Si l’on regarde assez loin en arrière, les mathématiques n’étaient simplement pas largement étudiées. Quand avait-on donc commencé? Il est difficile à dire – il est probable que la plupart des textes de mathématiques des temps babyloniens sont perdus pour toujours. Cependant, nous savons qu’ils avaient une compréhension de la trigonométrie et de l’algèbre et qu’ils les appliquaient à l’astronomie. Selon les informations que j’ai trouvées, il n’y a pas d’évidence qu’ils avaient tort (comme culture) sur des applications mathématiques.

Et puis arrivait Pythagore (attention à la sursimplification populaire), vers 500 AEC, et soudainement nous avons la théorie des nombres et la géométrie. Bon, il n’était pas aussi simple que ça : mais il y a peu d’évidence que la touche de mysticisme que les fidèles à Pythagore ajouraient à leurs mathématiques faisait du mal. L’identification des nombres impairs comme ‘masculins’ et des nombres pairs comme ‘féminins’ semble improductive et futile, mais il ne semble pas avoir un impact sur leurs mathématiques.

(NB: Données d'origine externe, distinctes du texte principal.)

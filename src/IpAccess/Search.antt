-- ===== src/IpAccess/Search.antt =====
-- ipaccess/access.go: the binary search over the ports of a rule finds a port if and only if it is
-- there.
use shitflared.Prelude.{
  ℕ, zero, suc, ◌+◌, ◌/◌, ◌≤◌, ◌<◌, ◌≡◌, refl, Bool, false, ◌&&◌, ◌||◌, List, [], ◌∷◌, arith,
  length, get_or, leb, ltb, ◌==◌, Bool-cases, inl, inr,
}
use shitflared.Prelude.Sort.{SortedFrom}
use shitflared.IpAccess.{search_between, search_ints}

abbrev pub value : ℕ → ℕ
value p = p

abbrev pub is_member : ℕ → List ℕ → Bool
is_member x [] = false
is_member x (p ∷ rest) = (p == x) || is_member x rest

get_or-ge :
    (n : ℕ) (ports : List ℕ) (i : ℕ)
    → SortedFrom value n ports
    → i < length ports
    → n ≤ get_or ports i 0
get_or-ge n [] i s h = absurd (omega arith)
get_or-ge n (p ∷ rest) zero s h = s.0
get_or-ge n (p ∷ rest) (suc i) s h = omega (arith, s.0, get_or-ge p rest i s.1 (omega arith))

get_or_mono :
    (n : ℕ) (ports : List ℕ) (i j : ℕ)
    → SortedFrom value n ports
    → i ≤ j
    → j < length ports
    → get_or ports i 0 ≤ get_or ports j 0
get_or_mono n [] i j s h l = absurd (omega arith)
get_or_mono n (p ∷ rest) zero zero s h l = omega arith
get_or_mono n (p ∷ rest) zero (suc j) s h l = get_or-ge p rest j s.1 (omega arith)
get_or_mono n (p ∷ rest) (suc i) zero s h l = absurd (omega arith)
get_or_mono n (p ∷ rest) (suc i) (suc j) s h l =
    get_or_mono p rest i j s.1 (omega arith) (omega arith)

-- All ports in front of `k` are below `x`, and all others are not.
record Splits (ports : List ℕ) (x k : ℕ) : Type 0 where
  below : (i : ℕ) → i < k → get_or ports i 0 < x
  above : (i : ℕ) → k ≤ i → i < length ports → x ≤ get_or ports i 0

search_between-Splits :
    (rounds : ℕ) (ports : List ℕ) (x i j : ℕ)
    → SortedFrom value 0 ports
    → j ≤ length ports
    → j ≤ rounds + i
    → i ≤ j
    → ((k : ℕ) → k < i → get_or ports k 0 < x)
    → ((k : ℕ) → j ≤ k → k < length ports → x ≤ get_or ports k 0)
    → Splits ports x (search_between rounds ports x i j)
unfolding search_between
search_between-Splits zero ports x i j s l f o b a = record {
  below = b;
  above = λ k h m. a k (omega arith) m;
}
search_between-Splits (suc rounds) ports x i j s l f o b a = elim (Bool-cases (ltb i j)) [
  | inr done ↦
      rw (done, search_between) (record { below = b; above = λ k h m. a k (ground arith) m })
  | inl more ↦ elim (Bool-cases (leb x (get_or ports ((i + j) / 2) 0))) [
    | inl high ↦
        rw (more, high, search_between)
          (search_between-Splits rounds ports x i ((i + j) / 2) s (ground arith) (ground arith)
            (ground arith) b (λ k h m. at_most k ((i + j) / 2) h m (ground (arith, high))))
    | inr low ↦
        rw (more, low, search_between)
          (search_between-Splits rounds ports x ((i + j) / 2 + 1) j s l (ground arith)
            (ground arith)
            (λ k h. at_least k ((i + j) / 2) (omega arith) (ground arith) (ground (arith, low))) a)
  ]
]
  where
    at_most : (k h : ℕ) → h ≤ k → k < length ports → x ≤ get_or ports h 0 → x ≤ get_or ports k 0
    at_most k h le m e = omega (arith, e, get_or_mono 0 ports h k s le m)

    at_least : (k h : ℕ) → k ≤ h → h < length ports → get_or ports h 0 < x → get_or ports k 0 < x
    at_least k h le m e = omega (arith, e, get_or_mono 0 ports k h s le m)

search_ints-Splits :
    (ports : List ℕ) (x : ℕ) → SortedFrom value 0 ports → Splits ports x (search_ints ports x)
unfolding search_ints
search_ints-Splits ports x s =
    search_between-Splits (length ports) ports x 0 (length ports) s (omega arith) (omega arith)
      (omega arith) (λ k h. absurd (omega arith)) (λ k h m. absurd (omega arith))

Splits-tail : (p : ℕ) (ports : List ℕ) (x k : ℕ) → Splits (p ∷ ports) x (suc k) → Splits ports x k
Splits-tail p ports x k s = record {
  below = λ i h. s.below (suc i) (omega arith);
  above = λ i h m. s.above (suc i) (omega arith) (omega arith);
}

absent :
    (n : ℕ) (ports : List ℕ) (x : ℕ) → SortedFrom value n ports → x < n → is_member x ports ≡ false
absent n [] x s h = refl
absent n (p ∷ rest) x s h = ground (arith, s.0, absent p rest x s.1)

-- Where the ports split at `k`, `x` is among them if and only if it is the port at `k`.
Splits-is_member :
    (ports : List ℕ) (x k n : ℕ)
    → SortedFrom value n ports
    → Splits ports x k
    → (ltb k (length ports) && (get_or ports k 0 == x)) ≡ is_member x ports
Splits-is_member [] x k n o s = ground arith
Splits-is_member (p ∷ rest) x zero n o s =
    ground (arith, s.above 0 (omega arith) (omega arith), absent p rest x o.1)
Splits-is_member (p ∷ rest) x (suc k) n o s =
    ground
      (arith, s.below 0 (omega arith), Splits-is_member rest x k p o.1 (Splits-tail p rest x k s))

-- The test that `Allowed` makes with the search is membership.
pub search_ints-is_member :
    (ports : List ℕ) (x : ℕ)
    → SortedFrom value 0 ports
    → (ltb (search_ints ports x) (length ports) && (get_or ports (search_ints ports x) 0 == x))
      ≡ is_member x ports
search_ints-is_member ports x s =
    Splits-is_member ports x (search_ints ports x) 0 s (search_ints-Splits ports x s)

Euclid, qui travaillait vers 300 AEC, manquait parfois de rigueur, mais si l’on interprète ses résultats avec un peu de charité, ce sont presque infailliblement juste.

Alors, est-ce que les choses n’ont jamais déraillé pour les mathématiques? L’on pourrait penser aux ‘problèmes de l’antiquité’ – la trisection de l’angle, la duplication du cube, et la quadrature du cercle. Ceux-ci étaient une fois considérés comme respectables, mais difficiles, beaucoup comme nous en considérons la conjecture Riemann ou le problème ‘P = NP’. Au fil des ans, il y avait de la suspicion sur l’impossibilité de ces problèmes et l’on croyait que ceux qui essayaient de les résoudre gaspillaient leur temps. En 1837, Wantzel a prouvé que ceci était en fait le cas. Il va de soi que cela n’a pas arrêté les trisecteurs ! Une bonne analogie dans les sciences naturelles pourrait être le rêve de construire une machine de motion perpétuelle, qui avait une évolution similaire d’idée plausible à excentrique, puis à une ‘science de marge’ abordée seulement pas ceux qui ne comprenaient pas pourquoi il n’était pas possible. Il convient de noter que ni la motion perpétuelle ni les ‘problèmes de l’antiquité’ n’ont jamais dominé les recherches de leurs communautés respectives.

Certes, le principe n’est pas que les premiers mathématiciens étaient plus fiables que leurs contreparties en autres sujets. En revanche, ils avaient (et nous avons) de la chance que les mathématiques n’ont qu’à être cohérentes à soi, ce qui est beaucoup plus facile qu’être cohérent à la réalité.